Exercise aim →
Search the data for the string "came" and extract every line where it appears.

━━━━━━━━━━━━━━━━━━━━

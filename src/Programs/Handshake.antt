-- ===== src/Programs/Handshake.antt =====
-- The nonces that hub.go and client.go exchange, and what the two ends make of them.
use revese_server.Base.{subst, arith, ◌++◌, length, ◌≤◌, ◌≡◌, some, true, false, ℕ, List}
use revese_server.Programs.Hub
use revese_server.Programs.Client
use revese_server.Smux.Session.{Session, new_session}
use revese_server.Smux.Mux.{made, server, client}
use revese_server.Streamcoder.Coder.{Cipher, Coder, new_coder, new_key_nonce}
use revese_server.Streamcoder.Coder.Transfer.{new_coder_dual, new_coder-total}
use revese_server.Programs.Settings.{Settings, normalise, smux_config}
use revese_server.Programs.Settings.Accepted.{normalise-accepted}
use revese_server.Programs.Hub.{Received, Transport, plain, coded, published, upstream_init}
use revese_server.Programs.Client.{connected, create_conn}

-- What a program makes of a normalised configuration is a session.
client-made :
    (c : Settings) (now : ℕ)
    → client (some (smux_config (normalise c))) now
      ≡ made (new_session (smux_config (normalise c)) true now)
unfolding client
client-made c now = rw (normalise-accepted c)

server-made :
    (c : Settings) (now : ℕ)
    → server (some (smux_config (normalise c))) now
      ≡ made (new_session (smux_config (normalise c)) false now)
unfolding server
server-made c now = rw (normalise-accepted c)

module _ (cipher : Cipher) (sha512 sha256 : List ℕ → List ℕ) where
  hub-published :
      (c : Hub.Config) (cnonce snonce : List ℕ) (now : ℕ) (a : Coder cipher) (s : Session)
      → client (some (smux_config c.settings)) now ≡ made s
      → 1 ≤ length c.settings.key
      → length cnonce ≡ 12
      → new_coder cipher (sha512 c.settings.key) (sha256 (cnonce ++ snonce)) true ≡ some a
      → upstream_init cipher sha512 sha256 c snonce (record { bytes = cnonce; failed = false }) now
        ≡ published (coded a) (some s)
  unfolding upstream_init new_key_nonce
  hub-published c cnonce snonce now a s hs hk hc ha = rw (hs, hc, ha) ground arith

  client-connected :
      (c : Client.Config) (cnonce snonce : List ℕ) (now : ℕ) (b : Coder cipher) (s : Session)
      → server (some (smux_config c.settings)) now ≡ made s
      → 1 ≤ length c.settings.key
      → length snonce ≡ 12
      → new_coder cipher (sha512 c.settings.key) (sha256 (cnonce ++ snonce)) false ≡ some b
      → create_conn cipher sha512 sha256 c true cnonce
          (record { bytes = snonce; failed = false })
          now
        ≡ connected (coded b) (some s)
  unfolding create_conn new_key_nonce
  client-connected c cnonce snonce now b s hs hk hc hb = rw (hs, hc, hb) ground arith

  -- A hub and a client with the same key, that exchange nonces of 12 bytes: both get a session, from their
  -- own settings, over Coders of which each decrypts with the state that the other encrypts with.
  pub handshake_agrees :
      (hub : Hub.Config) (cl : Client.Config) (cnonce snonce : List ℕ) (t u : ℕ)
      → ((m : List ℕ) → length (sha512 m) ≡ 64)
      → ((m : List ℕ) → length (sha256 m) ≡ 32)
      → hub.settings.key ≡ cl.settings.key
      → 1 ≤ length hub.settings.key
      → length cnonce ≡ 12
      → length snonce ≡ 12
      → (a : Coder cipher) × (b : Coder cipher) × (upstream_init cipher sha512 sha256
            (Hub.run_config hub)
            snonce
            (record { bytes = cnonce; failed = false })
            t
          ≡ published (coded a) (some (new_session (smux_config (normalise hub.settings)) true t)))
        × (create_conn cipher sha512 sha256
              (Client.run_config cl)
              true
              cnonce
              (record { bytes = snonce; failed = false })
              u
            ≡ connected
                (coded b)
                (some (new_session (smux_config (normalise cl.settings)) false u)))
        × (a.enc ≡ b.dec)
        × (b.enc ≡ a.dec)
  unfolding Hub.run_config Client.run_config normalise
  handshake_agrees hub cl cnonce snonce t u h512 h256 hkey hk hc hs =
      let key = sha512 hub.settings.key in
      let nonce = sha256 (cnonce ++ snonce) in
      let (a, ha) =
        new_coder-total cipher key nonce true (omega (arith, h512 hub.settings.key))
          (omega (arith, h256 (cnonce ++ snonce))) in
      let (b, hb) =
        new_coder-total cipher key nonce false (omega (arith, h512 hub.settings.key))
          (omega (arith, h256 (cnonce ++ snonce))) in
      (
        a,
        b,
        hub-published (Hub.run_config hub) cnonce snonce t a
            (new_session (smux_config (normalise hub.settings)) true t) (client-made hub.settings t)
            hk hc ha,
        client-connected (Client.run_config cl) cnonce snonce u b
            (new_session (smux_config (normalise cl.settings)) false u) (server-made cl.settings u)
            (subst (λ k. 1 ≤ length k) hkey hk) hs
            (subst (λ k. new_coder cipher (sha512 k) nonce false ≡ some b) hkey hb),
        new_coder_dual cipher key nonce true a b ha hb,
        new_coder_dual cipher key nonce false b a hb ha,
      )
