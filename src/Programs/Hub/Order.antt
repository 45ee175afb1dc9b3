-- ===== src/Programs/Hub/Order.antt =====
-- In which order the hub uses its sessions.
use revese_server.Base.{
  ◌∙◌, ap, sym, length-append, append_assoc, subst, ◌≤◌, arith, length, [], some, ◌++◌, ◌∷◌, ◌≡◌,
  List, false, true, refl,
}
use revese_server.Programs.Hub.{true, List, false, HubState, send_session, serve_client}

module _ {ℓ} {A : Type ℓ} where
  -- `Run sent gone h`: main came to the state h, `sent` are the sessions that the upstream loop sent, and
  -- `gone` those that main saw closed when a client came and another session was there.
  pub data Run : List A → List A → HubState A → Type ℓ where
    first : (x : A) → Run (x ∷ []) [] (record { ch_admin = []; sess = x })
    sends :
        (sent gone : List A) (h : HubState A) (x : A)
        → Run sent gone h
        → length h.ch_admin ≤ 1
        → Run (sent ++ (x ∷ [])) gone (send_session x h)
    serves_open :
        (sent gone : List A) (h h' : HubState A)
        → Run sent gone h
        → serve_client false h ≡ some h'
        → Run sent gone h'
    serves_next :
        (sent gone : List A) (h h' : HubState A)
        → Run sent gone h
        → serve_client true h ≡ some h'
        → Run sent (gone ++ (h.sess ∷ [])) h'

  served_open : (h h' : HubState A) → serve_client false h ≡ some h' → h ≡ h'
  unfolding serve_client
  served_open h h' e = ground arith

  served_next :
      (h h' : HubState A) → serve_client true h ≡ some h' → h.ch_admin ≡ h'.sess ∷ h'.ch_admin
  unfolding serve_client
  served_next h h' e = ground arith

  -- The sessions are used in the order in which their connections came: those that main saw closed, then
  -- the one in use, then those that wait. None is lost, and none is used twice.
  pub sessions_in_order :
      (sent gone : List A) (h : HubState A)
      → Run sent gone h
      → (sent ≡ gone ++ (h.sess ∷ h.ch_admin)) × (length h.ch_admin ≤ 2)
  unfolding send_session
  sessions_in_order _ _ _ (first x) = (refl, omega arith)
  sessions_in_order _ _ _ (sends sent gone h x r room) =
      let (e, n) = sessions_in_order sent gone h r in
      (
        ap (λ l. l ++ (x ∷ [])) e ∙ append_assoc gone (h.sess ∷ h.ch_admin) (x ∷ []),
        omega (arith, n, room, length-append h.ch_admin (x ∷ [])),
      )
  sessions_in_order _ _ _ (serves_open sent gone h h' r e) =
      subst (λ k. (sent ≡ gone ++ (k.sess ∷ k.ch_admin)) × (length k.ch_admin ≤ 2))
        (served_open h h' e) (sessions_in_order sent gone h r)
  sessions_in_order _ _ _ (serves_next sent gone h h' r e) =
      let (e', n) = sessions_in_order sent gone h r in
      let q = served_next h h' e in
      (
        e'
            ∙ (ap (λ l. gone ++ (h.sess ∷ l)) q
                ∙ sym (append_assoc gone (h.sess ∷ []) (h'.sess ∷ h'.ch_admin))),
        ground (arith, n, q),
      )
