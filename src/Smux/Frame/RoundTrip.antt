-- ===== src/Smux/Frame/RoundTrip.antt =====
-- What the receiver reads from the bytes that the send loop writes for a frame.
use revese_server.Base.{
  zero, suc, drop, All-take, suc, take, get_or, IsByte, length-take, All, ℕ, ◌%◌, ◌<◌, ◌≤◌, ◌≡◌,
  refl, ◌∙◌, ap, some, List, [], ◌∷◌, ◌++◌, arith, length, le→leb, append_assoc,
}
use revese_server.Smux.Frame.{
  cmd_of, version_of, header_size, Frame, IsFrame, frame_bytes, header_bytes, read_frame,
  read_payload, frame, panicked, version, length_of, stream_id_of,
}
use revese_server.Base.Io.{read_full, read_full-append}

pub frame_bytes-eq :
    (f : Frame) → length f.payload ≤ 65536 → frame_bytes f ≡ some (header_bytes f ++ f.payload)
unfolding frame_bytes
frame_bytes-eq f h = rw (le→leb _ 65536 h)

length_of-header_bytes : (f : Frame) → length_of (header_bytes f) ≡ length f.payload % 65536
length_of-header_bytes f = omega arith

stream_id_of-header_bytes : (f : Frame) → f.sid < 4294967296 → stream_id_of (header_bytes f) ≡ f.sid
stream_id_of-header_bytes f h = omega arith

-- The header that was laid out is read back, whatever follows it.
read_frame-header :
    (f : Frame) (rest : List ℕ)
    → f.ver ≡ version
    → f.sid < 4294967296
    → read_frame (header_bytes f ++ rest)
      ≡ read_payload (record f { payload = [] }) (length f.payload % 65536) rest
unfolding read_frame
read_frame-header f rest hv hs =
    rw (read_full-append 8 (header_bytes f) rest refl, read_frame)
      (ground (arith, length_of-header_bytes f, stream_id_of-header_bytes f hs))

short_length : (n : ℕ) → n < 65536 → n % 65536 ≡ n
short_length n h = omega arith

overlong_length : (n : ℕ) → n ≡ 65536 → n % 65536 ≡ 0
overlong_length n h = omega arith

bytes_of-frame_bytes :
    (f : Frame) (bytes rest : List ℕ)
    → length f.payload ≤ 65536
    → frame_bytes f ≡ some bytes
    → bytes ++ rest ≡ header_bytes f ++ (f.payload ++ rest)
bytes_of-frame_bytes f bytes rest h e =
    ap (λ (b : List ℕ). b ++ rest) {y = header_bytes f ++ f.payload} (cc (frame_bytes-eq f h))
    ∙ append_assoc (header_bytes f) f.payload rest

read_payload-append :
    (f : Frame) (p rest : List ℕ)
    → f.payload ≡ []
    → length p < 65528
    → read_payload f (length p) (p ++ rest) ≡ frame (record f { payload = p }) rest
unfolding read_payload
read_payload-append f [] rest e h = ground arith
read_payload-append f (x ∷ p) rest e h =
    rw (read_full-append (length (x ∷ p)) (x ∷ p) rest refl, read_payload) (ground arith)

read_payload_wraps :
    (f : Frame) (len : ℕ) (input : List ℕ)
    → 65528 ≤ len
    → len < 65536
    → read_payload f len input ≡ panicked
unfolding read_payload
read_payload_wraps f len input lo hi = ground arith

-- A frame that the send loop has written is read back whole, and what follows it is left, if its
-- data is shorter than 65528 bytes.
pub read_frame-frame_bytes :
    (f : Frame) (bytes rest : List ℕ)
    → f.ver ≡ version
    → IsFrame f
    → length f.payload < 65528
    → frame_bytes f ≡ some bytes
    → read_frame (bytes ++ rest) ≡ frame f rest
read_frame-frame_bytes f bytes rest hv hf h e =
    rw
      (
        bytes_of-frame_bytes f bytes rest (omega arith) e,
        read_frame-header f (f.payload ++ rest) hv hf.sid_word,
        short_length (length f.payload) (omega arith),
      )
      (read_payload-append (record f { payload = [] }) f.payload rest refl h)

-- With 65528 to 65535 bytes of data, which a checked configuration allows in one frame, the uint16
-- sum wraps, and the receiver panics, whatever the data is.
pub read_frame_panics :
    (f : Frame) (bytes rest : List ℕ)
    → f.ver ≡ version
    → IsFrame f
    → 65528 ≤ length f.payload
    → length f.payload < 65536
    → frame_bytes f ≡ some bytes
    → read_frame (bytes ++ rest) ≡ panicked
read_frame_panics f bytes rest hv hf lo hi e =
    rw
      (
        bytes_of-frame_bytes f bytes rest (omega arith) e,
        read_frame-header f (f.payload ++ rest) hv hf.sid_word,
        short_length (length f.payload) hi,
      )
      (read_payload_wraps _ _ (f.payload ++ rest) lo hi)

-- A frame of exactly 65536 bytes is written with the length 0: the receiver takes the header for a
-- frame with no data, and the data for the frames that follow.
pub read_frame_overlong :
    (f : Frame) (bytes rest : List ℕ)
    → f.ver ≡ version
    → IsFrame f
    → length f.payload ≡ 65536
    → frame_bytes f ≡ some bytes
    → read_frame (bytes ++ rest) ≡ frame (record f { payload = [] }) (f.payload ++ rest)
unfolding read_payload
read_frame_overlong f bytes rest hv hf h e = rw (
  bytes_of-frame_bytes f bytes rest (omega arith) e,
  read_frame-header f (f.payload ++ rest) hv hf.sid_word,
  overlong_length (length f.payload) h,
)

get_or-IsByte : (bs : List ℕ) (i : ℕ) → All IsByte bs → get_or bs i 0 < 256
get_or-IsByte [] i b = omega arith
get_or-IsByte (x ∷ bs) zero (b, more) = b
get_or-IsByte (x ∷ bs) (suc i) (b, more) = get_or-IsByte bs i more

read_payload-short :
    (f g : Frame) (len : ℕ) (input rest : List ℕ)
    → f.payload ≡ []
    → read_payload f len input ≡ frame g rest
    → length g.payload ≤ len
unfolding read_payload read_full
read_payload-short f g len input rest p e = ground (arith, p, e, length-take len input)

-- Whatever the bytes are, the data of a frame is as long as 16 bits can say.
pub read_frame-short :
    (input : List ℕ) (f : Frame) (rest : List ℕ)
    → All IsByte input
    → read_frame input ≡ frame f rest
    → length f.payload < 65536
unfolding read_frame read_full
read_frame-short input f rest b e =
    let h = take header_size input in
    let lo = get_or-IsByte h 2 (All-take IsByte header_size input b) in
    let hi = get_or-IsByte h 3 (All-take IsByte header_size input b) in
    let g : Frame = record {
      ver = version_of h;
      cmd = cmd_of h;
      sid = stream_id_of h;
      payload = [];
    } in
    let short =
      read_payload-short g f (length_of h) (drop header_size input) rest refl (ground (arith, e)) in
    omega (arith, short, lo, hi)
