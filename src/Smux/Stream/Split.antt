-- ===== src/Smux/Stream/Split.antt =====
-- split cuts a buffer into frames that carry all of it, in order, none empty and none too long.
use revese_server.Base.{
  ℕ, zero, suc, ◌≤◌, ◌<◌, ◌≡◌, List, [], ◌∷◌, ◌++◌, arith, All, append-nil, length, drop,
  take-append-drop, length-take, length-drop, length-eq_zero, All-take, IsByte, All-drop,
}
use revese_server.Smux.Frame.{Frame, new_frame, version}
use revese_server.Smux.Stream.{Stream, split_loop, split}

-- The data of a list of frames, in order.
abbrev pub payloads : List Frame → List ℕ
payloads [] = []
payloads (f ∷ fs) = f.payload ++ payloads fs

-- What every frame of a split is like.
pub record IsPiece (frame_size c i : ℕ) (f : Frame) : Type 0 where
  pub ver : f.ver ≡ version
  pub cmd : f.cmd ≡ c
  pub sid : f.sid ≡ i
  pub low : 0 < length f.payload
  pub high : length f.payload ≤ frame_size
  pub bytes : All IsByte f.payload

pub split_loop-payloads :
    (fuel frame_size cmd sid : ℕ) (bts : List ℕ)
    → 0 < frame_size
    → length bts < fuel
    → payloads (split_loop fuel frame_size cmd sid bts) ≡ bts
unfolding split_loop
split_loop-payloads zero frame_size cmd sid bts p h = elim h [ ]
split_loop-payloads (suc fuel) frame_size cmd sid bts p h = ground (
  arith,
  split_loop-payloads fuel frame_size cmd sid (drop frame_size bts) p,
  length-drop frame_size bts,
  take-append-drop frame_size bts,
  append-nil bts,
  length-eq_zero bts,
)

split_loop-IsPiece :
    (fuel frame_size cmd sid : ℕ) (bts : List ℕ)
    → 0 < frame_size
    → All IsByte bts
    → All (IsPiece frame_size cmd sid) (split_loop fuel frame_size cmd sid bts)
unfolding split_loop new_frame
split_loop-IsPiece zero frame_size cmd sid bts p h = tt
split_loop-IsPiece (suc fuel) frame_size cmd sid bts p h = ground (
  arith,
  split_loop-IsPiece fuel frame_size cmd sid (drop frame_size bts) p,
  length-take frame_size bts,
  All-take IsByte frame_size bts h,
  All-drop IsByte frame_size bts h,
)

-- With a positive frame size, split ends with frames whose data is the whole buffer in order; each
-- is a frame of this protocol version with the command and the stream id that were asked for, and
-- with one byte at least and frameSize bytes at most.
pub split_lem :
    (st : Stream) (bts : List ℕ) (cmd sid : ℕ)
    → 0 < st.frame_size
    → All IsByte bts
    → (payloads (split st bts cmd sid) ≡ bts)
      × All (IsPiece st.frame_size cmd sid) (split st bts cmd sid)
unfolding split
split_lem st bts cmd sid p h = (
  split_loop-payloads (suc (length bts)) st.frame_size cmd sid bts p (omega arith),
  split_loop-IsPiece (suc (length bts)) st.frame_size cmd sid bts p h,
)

━━━━━━━━━━━━━━━━━━━━

Task solution →
  -- `Run sent gone h`: main came to the state h, `sent` are the sessions that the upstream loop sent, and
  -- `gone` those that main saw closed when a client came and another session was there.
  -- The sessions are used in the order in which their connections came: those that main saw closed, then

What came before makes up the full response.